◆ **What you need to do**
Say how many lines in the following entries include "archs", and add nothing else.
::::::::
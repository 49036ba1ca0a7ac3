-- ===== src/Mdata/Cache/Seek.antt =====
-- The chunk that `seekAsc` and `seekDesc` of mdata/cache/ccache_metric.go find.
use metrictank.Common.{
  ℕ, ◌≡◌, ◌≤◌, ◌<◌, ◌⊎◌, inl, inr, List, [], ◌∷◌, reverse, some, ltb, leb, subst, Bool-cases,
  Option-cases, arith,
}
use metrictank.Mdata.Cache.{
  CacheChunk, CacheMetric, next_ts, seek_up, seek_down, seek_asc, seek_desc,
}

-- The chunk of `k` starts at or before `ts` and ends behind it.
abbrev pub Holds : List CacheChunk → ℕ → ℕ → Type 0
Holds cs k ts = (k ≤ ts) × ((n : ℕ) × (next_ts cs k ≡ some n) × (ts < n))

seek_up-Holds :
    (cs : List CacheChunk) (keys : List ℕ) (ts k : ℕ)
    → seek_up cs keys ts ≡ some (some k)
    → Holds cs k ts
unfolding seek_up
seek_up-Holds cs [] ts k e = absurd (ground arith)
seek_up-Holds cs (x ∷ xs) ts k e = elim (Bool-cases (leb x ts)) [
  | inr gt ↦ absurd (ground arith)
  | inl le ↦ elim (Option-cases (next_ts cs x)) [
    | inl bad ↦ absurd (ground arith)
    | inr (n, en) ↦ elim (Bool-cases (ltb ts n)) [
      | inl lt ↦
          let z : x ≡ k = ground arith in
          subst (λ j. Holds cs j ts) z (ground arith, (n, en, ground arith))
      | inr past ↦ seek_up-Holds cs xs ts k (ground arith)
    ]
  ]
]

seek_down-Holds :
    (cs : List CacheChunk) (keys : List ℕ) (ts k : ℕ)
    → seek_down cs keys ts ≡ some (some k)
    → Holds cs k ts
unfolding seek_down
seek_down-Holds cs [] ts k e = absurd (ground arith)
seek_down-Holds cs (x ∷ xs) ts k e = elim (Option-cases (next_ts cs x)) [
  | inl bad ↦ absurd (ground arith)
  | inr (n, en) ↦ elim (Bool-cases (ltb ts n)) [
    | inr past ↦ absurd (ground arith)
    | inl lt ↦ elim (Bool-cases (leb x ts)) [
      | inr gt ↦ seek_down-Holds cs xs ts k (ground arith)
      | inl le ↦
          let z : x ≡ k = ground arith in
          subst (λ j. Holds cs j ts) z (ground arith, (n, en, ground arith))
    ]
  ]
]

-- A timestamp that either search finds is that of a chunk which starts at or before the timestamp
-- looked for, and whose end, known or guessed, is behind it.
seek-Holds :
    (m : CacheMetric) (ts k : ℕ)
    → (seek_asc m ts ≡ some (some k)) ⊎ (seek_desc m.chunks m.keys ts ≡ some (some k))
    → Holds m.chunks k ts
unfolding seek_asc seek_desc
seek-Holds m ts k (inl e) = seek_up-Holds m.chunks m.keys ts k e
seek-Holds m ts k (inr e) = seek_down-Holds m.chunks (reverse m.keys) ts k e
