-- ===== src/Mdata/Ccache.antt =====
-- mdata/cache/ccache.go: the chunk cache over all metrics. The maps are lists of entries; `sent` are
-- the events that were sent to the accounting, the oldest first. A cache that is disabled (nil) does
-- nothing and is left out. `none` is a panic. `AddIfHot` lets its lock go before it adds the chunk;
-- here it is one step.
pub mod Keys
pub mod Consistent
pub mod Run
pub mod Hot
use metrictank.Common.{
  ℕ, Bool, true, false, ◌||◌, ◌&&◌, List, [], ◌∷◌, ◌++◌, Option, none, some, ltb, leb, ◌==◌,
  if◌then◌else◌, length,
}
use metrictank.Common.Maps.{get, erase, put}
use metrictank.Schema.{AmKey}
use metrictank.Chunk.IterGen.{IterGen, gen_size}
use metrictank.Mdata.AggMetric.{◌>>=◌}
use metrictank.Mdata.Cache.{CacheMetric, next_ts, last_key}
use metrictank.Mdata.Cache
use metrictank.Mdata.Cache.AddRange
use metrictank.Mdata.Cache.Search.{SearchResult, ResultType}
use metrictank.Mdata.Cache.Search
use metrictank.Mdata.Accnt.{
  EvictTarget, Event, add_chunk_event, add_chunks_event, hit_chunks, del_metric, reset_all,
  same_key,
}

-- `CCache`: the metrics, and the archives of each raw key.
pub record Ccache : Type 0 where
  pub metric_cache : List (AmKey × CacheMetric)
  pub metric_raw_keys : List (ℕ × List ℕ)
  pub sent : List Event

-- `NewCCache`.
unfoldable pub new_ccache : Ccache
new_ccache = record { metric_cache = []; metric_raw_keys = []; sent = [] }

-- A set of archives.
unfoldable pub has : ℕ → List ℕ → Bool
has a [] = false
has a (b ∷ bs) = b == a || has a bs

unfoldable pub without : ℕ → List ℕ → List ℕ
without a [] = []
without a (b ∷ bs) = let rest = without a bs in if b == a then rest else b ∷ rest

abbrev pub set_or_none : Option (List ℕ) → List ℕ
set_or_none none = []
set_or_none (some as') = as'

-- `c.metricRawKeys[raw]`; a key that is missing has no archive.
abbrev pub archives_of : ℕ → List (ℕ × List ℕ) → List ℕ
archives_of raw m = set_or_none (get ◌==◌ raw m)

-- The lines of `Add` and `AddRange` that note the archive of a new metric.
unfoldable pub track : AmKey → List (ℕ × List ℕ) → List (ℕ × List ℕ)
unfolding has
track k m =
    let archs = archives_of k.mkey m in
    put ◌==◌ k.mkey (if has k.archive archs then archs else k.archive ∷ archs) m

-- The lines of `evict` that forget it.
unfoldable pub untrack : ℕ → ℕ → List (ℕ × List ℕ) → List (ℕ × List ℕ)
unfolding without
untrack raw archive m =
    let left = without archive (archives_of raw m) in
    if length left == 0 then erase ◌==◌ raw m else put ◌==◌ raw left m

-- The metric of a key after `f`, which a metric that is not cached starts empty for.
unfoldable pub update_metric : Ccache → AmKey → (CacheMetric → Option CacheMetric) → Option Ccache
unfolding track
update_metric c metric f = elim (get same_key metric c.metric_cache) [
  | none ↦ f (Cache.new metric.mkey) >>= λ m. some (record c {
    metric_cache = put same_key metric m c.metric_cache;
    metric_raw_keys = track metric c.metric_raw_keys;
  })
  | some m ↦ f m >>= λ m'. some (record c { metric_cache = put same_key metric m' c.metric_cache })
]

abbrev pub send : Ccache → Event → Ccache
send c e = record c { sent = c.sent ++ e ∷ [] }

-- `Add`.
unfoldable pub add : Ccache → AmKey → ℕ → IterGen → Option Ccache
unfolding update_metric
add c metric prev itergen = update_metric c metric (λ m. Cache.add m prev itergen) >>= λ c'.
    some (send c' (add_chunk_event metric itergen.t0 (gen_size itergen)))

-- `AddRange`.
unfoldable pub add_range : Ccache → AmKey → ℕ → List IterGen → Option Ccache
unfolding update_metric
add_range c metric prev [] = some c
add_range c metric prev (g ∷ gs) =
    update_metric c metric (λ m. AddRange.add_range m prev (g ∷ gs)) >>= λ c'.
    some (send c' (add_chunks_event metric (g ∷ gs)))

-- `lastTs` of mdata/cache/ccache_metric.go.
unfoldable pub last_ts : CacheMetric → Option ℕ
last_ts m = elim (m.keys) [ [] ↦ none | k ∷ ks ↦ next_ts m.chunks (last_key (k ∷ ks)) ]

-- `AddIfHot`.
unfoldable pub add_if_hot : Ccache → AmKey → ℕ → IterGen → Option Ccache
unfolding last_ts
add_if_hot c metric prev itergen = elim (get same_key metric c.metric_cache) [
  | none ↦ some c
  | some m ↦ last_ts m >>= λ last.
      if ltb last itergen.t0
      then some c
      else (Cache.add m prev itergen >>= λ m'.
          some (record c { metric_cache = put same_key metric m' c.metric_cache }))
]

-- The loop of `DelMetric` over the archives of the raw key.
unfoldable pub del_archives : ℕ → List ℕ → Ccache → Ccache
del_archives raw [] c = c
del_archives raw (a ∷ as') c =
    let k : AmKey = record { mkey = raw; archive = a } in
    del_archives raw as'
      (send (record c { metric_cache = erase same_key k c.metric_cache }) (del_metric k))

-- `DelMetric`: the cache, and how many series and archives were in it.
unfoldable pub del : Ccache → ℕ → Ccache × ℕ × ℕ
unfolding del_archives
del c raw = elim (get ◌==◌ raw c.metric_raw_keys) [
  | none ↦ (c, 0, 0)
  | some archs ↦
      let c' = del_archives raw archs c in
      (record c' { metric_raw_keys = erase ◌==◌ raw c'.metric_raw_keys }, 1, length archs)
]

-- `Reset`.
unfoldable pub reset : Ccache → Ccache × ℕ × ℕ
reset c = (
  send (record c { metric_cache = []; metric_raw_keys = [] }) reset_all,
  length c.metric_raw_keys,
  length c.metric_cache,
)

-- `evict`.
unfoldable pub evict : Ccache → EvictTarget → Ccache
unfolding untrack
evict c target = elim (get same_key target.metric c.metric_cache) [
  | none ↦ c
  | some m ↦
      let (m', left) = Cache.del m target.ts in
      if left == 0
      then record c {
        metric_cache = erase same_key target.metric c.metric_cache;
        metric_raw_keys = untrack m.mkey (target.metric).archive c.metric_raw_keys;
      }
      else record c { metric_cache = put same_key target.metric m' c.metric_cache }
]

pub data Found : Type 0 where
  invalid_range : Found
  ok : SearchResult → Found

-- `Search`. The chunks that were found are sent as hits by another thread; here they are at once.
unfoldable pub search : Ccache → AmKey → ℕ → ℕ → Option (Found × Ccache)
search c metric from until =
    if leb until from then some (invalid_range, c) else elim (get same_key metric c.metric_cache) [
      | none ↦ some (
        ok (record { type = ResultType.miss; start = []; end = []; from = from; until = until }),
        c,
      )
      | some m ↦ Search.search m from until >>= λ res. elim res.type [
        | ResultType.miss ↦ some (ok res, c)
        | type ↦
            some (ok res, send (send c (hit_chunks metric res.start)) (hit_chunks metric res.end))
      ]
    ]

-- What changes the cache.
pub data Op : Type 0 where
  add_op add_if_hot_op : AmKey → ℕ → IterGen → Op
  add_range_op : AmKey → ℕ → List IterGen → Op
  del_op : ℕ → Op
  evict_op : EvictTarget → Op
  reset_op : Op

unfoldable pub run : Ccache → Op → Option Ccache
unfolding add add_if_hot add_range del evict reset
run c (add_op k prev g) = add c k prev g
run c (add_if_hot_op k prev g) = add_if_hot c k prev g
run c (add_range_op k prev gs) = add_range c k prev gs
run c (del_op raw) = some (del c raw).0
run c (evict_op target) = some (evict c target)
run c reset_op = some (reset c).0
::::::::
◆ **Output of the task**
5